Suppose I photograph a criminal act in progress, and later I bring my photo to court as evidence against the accused. The defense attorney challenges the validity of my photograph. I have Photoshopped his client’s license plate number onto the license plate of the getaway car in the photo. I say, here is the RAW image from the camera. Canon verifies this is indeed a RAW image from my particular camera, and furthermore it has not been altered. The criminal is off to the slammer, cursing hash codes all the way.
What makes it hard to defeat hash code verification? Two things. First the mapping is many to one. You could attempt to demonstrate the hash code in question actually represents a different data set. After all, this is a many to one mapping, so this hash code could have come from a different file. Hold that for a moment and go on to the next point. It is very difficult to back out a hash code computation. The emphasis is on the word “very.”
One way to back out the computation of a hash code is to find another data set that produces the same hash code. Good luck. A 32-digit hexadecimal number is a large value, and you really do not have time for the task of coming up with an alternative data set. The nature of hash code functions such as MD5 is that they offer no assistance to anybody attempting to come up with an alternative data set. There is no guidance in the search. The slightest change produces a complete scrambling of the hash code.
But back to the first point again. Suppose you did find (eureka!) an alternative data set. That data set would have to make sense. A nonsense strings of characters would not pass for the claim that the alternative text is valid.

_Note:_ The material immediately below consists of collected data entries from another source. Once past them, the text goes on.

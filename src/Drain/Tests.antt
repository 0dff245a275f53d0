-- ===== src/Drain/Tests.antt =====
-- Runs of a gateway that stops, and the theorems about it at concrete times.
use php_fpm_ng.Base.{◌+◌, ◌*◌, ◌≡◌, refl, true, false, not, ◌||◌, ◌⊎◌, none, some, arith, ◌<◌, ◌≤◌}
use php_fpm_ng.CrashBackoff.Time.{Timeval, cleared, micros}
use php_fpm_ng.Drain.{
  Gateway, Env, opened_listener, grace_ms, deadline_at, drain_start, drain_soft_start, drain_ticks,
  sigquit, accept_error, gate,
}
use php_fpm_ng.Drain.Moves.{stay, then_steps, quits, softens, gates}
use php_fpm_ng.Drain.Sound.{IsSound, Steps-IsSound}
use php_fpm_ng.Drain.Ends.{drain_start-ends}
use php_fpm_ng.Drain.Deadline.{drain_soft_start-window}

abbrev serving : Gateway
serving = record {
  stopping = false;
  soft_draining = false;
  drain_deadline = cleared;
  soft_timer = none;
  drain_tick = false;
  tls_bound = some (opened_listener true);
  plain_bound = some (opened_listener false);
  looping = true;
}

serving-IsSound : IsSound serving
serving-IsSound = record {
  tls_rests = (refl, refl, refl);
  plain_rests = (refl, refl, refl);
  tls_closed = λ e. absurd (cc);
  plain_closed = λ e. absurd (cc);
  runs_out = λ e. absurd (cc);
  window = λ e. absurd (cc);
}

-- Three seconds, from 10.5 s on.
abbrev env : Env
env = record {
  timeout = 3;
  now = record { tv_sec = 10; tv_usec = 500000 };
  later = record { tv_sec = 10; tv_usec = 500200 };
  made = true;
  added = true;
}

abbrev after : Timeval
after = record { tv_sec = 13; tv_usec = 400000 }

drain_runs :
    (deadline_at 3 env.now ≡ after)
    × (deadline_at 0 env.now ≡ env.now)
    × ((drain_soft_start env env serving).soft_timer
        ≡ some (record { tv_sec = 2; tv_usec = 899000 }))
    × ((drain_start env serving).tls_bound ≡ none)
    × ((drain_ticks 1 after (drain_start env serving)).looping ≡ false)
    × ((drain_ticks 1 env.later (drain_start env serving)).looping ≡ true)
    × ((accept_error true 7 (opened_listener true)).enabled ≡ false)
    × ((gate (some true) (record serving {
      tls_bound = some (accept_error true 7 (opened_listener true));
    })).tls_bound
        ≡ some (accept_error true 7 (opened_listener true)))
unfolding drain_soft_start drain_ticks accept_error gate
drain_runs = (refl, refl, refl, refl, refl, refl, refl, refl)

Steps-IsSound_example : IsSound (sigquit env (drain_soft_start env env serving))
Steps-IsSound_example =
    Steps-IsSound serving (sigquit env (drain_soft_start env env serving))
      (then_steps (softens env env serving)
        (then_steps (quits env (drain_soft_start env env serving)) (stay _)))
      serving-IsSound

abbrev drained : Gateway
drained = sigquit env (gate (some false) (drain_start env serving))

drain_start-ends_example :
    (drained.tls_bound ≡ none)
    × (drained.plain_bound ≡ none)
    × ((drained.drain_tick || not drained.looping) ≡ true)
    × ((drain_ticks 2 after drained).looping ≡ false)
unfolding grace_ms
drain_start-ends_example =
    drain_start-ends env serving drained 2 after serving-IsSound refl (omega arith) (omega arith)
      (omega arith)
      (then_steps (gates (some false) (drain_start env serving))
        (then_steps (quits env (gate (some false) (drain_start env serving))) (stay _)))

drain_soft_start-window_example :
    (wait : Timeval) × (drain_soft_start env env serving ≡ record serving {
      soft_draining = true;
      drain_deadline = deadline_at env.timeout env.now;
      soft_timer = some wait;
    })
    × ((micros env.later + micros wait ≤ micros env.now + grace_ms env.timeout * 1000)
        ⊎ (micros wait ≡ 0))
    × (micros env.now + grace_ms env.timeout * 1000 < micros env.later + micros wait + 1000)
    × (sigquit env (drain_soft_start env env serving) ≡ drain_soft_start env env serving)
drain_soft_start-window_example =
    drain_soft_start-window env env env serving (omega arith) (omega arith) (omega arith) refl refl
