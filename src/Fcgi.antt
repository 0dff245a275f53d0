-- ===== src/Fcgi.antt =====
-- The FastCGI encoder of the gateway (sapi/fpmng/fpm/fpm_http_fcgi.c): records, lengths, and the
-- parameters of a request, none of which may straddle two records.
pub mod Decode
pub mod Stream
mod Tests
use php_fpm_ng.Base.{
  ℕ, ◌+◌, ◌-◌, ◌*◌, ◌/◌, ◌%◌, ◌^◌, Bool, true, false, ◌&&◌, [], ◌∷◌, ◌++◌, Bytes, length, replicate,
  ltb, ◌==◌, if◌then◌else◌,
}

-- FCGI_MAX_RECORD_LEN.
abbrev pub max_record_len : ℕ
max_record_len = 65528

-- FCGI_PARAMS.
abbrev pub params_type : ℕ
params_type = 4

-- The bytes that fill a record up to a multiple of eight.
abbrev pub padding : ℕ → ℕ
padding len = (8 - len % 8) % 8

-- The length of the content is two bytes wide.
unfoldable pub fcgi_record : ℕ → Bytes → Bytes
fcgi_record type content =
    let len = length content in
    1
    ∷ (type % 256)
    ∷ 0
    ∷ 1
    ∷ (len / 256 % 256)
    ∷ (len % 256)
    ∷ padding len
    ∷ 0
    ∷ (content ++ replicate (padding len) 0)

-- `(unsigned char) ((len >> 24) | 0x80)` is the remainder by 128, and 128.
unfoldable pub fcgi_len : ℕ → Bytes
fcgi_len len =
    if ltb len 128
    then len ∷ []
    else (len / 2 ^ 24 % 128 + 128) ∷ (len / 2 ^ 16 % 256) ∷ (len / 2 ^ 8 % 256) ∷ (len % 256) ∷ []

-- The fields of `fpm_http_conn` that the parameters use. A `params` that is NULL is empty.
pub record Conn : Type 0 where
  pub params : Bytes
  pub out : Bytes
  pub params_oversize : Bool

abbrev pub len_size : ℕ → ℕ
len_size n = if ltb n 128 then 1 else 4

abbrev pub pair_len : Bytes → Bytes → ℕ
pair_len name value = len_size (length name) + len_size (length value) + length name + length value

unfoldable pub pair : Bytes → Bytes → Bytes
unfolding fcgi_len
pair name value = fcgi_len (length name) ++ (fcgi_len (length value) ++ (name ++ value))

unfoldable pub param : Conn → Bytes → Bytes → Conn
unfolding pair fcgi_record
param c name value =
    if ltb max_record_len (pair_len name value)
    then record c { params_oversize = true }
    else if ltb max_record_len (length c.params + pair_len name value)
    then record c { out = c.out ++ fcgi_record params_type c.params; params = pair name value }
    else record c { params = c.params ++ pair name value }

-- The end of the parameters: what waits, and an empty record.
unfoldable pub finish : Conn → Bytes
unfolding fcgi_record
finish c =
    (if length c.params == 0 then c.out else c.out ++ fcgi_record params_type c.params)
    ++ fcgi_record params_type []
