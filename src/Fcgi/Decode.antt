-- ===== src/Fcgi/Decode.antt =====
-- A reader of FastCGI, and that it reads back what the encoder writes.
use php_fpm_ng.Base.{
  ℕ, zero, suc, ◌+◌, ◌-◌, ◌*◌, ◌/◌, ◌%◌, ◌^◌, ◌≤◌, ◌<◌, ◌≡◌, refl, ap, true, false, inl, inr, ◌&&◌,
  Option, none, some, [], ◌∷◌, ◌++◌, append_assoc, arith, Bytes, length, replicate, take, drop,
  length-append, length-replicate, ltb, leb, ◌==◌, if◌then◌else◌, Bool-cases,
}
use php_fpm_ng.Fcgi.{padding, fcgi_record, fcgi_len, pair}

-- A length of one byte, or of four with the highest bit set.
unfoldable pub read_len : Bytes → Option (ℕ × Bytes)
read_len [] = none
read_len (a ∷ []) = if ltb a 128 then some (a, []) else none
read_len (a ∷ b ∷ []) = if ltb a 128 then some (a, b ∷ []) else none
read_len (a ∷ b ∷ c ∷ []) = if ltb a 128 then some (a, b ∷ c ∷ []) else none
read_len (a ∷ b ∷ c ∷ d ∷ s) =
    if ltb a 128
    then some (a, b ∷ c ∷ d ∷ s)
    else some ((a - 128) * 2 ^ 24 + b * 2 ^ 16 + c * 2 ^ 8 + d, s)

read_len-small : (n : ℕ) (s : Bytes) → n < 128 → read_len (n ∷ s) ≡ some (n, s)
unfolding read_len
read_len-small n [] h = let e : ltb n 128 ≡ true = ground arith in rw e refl
read_len-small n (b ∷ []) h = let e : ltb n 128 ≡ true = ground arith in rw e refl
read_len-small n (b ∷ c ∷ []) h = let e : ltb n 128 ≡ true = ground arith in rw e refl
read_len-small n (b ∷ c ∷ d ∷ s) h = let e : ltb n 128 ≡ true = ground arith in rw e refl

four_bytes :
    (n : ℕ)
    → n < 2147483648
    → (n / 2 ^ 24 % 128 + 128 - 128) * 2 ^ 24
        + n / 2 ^ 16 % 256 * 2 ^ 16
        + n / 2 ^ 8 % 256 * 2 ^ 8
        + n % 256
      ≡ n
four_bytes n h = omega arith

-- A length below 2 ^ 31 is read back.
pub read_len-fcgi_len :
    (n : ℕ) (s : Bytes) → n < 2147483648 → read_len (fcgi_len n ++ s) ≡ some (n, s)
unfolding fcgi_len read_len
read_len-fcgi_len n s h = elim (Bool-cases (ltb n 128)) [
  | inl y ↦ rw y (read_len-small n s (ground arith))
  | inr x ↦
      let e : ltb (n / 2 ^ 24 % 128 + 128) 128 ≡ false = ground arith in
      rw (x, e, four_bytes n h) refl
]

take-append : (a b : Bytes) → take (length a) (a ++ b) ≡ a
take-append [] b = refl
take-append (c ∷ a) b = ap (c ∷◌) (take-append a b)

drop-append : (a b : Bytes) → drop (length a) (a ++ b) ≡ b
drop-append [] b = refl
drop-append (c ∷ a) b = drop-append a b

-- The content of a record of parameters, and what stands behind its padding.
unfoldable pub read_record : Bytes → Option (Bytes × Bytes)
read_record (v ∷ t ∷ i ∷ j ∷ hi ∷ lo ∷ pad ∷ z ∷ s) =
    let n = hi * 256 + lo in
    if v == 1 && t == 4 && leb (n + pad) (length s)
    then some (take n s, drop pad (drop n s))
    else none
read_record _ = none

leb-true : (a b : ℕ) → a ≤ b → leb a b ≡ true
leb-true a b h = ground arith

drop-replicate : (n : ℕ) (s : Bytes) → drop n (replicate n 0 ++ s) ≡ s
drop-replicate zero s = refl
drop-replicate (suc n) s = drop-replicate n s

record-fits :
    (content s : Bytes)
    → leb
        (length content + padding (length content))
        (length ((content ++ replicate (padding (length content)) 0) ++ s))
      ≡ true
record-fits content s =
    let fill : Bytes = replicate (padding (length content)) 0 in
    let l1 : length ((content ++ fill) ++ s) ≡ length (content ++ fill) + length s =
      length-append (content ++ fill) s in
    let l2 : length (content ++ fill) ≡ length content + length fill = length-append content fill in
    let l3 : length fill ≡ padding (length content) =
      length-replicate (padding (length content)) 0 in
    leb-true (length content + padding (length content)) (length ((content ++ fill) ++ s))
      (omega arith)

pub read_record-fcgi_record :
    (content s : Bytes)
    → length content < 65536
    → read_record (fcgi_record 4 content ++ s) ≡ some (content, s)
unfolding fcgi_record read_record
read_record-fcgi_record content s h =
    let n = length content in
    let fill : Bytes = replicate (padding n) 0 in
    let e : n / 256 % 256 * 256 + n % 256 ≡ n = omega arith in
    let fits : leb (n + padding n) (length ((content ++ fill) ++ s)) ≡ true =
      record-fits content s in
    rw
      (
        e,
        fits,
        append_assoc content fill s,
        take-append content (fill ++ s),
        drop-append content (fill ++ s),
        drop-replicate (padding n) s,
      )
      refl

-- The pair behind two lengths.
abbrev pub read_values : ℕ → ℕ → Bytes → Option ((Bytes × Bytes) × Bytes)
read_values n m s =
    if leb (n + m) (length s) then some ((take n s, take m (drop n s)), drop m (drop n s)) else none

abbrev pub read_second : ℕ → Option (ℕ × Bytes) → Option ((Bytes × Bytes) × Bytes)
read_second n none = none
read_second n (some (m, s)) = read_values n m s

abbrev pub read_first : Option (ℕ × Bytes) → Option ((Bytes × Bytes) × Bytes)
read_first none = none
read_first (some (n, s)) = read_second n (read_len s)

-- A name and its value, and what stands behind them.
abbrev pub read_pair : Bytes → Option ((Bytes × Bytes) × Bytes)
read_pair s = read_first (read_len s)

read_values-append :
    (name value s : Bytes)
    → read_values (length name) (length value) (name ++ (value ++ s)) ≡ some ((name, value), s)
read_values-append name value s =
    let l1 = length-append name (value ++ s) in
    let l2 = length-append value s in
    let fits : leb (length name + length value) (length (name ++ (value ++ s))) ≡ true =
      ground arith in
    rw
      (
        fits,
        take-append name (value ++ s),
        drop-append name (value ++ s),
        take-append value s,
        drop-append value s,
      )
      refl

pub read_pair-pair :
    (name value s : Bytes)
    → length name < 2147483648
    → length value < 2147483648
    → read_pair (pair name value ++ s) ≡ some ((name, value), s)
unfolding pair
read_pair-pair name value s h k =
    let a = append_assoc (fcgi_len (length name)) (fcgi_len (length value) ++ (name ++ value)) s in
    let b = append_assoc (fcgi_len (length value)) (name ++ value) s in
    let c = append_assoc name value s in
    rw
      (
        a,
        b,
        c,
        read_len-fcgi_len (length name) (fcgi_len (length value) ++ (name ++ (value ++ s))) h,
        read_len-fcgi_len (length value) (name ++ (value ++ s)) k,
      )
      (read_values-append name value s)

My statement is a bit strong that backing out an MD5 calculation is problematic. But only a bit. That’s the conclusion of further research:
In 1996 a flaw was found in the design of MD5. While it was not deemed a fatal weakness at the time, cryptographers began recommending the use of other algorithms, such as SHA-1—which has since been found to be vulnerable as well. In 2004 it was shown that MD5 is not collision resistant. As such, MD5 is not suitable for applications like SSL certificates or digital signatures that rely on this property for digital security. Also in 2004 more serious flaws were discovered in MD5, making further use of the algorithm for security purposes questionable; specifically, a group of researchers described how to create a pair of files that share the same MD5checksum. Further advances were made in breaking MD5 in 2005, 2006, and 2007. In December 2008, a group of researchers used this technique to fake SSL certificate validity, and CMU Software Engineering Institute now says that MD5 “should be considered cryptographically broken and unsuitable for further use”, and most U.S. government applications now require the SHA-2 family of hash functions. In 2012, the Flame malware exploited the weaknesses in MD5 to fake a Microsoft digital signature.
[Some links removed]
All that aside, MD5 is useful for verification of data integrity internally. In a non-hostile environment, where people are not trying to crack your security, and you just want to verify you have the correct copy of your data set, then MD5 is careful, quick and kind. I have most recently used it to verify the software build I was submitting to automated test was the correct and uncorrupted version designated for the test. Try it. You’ll like it.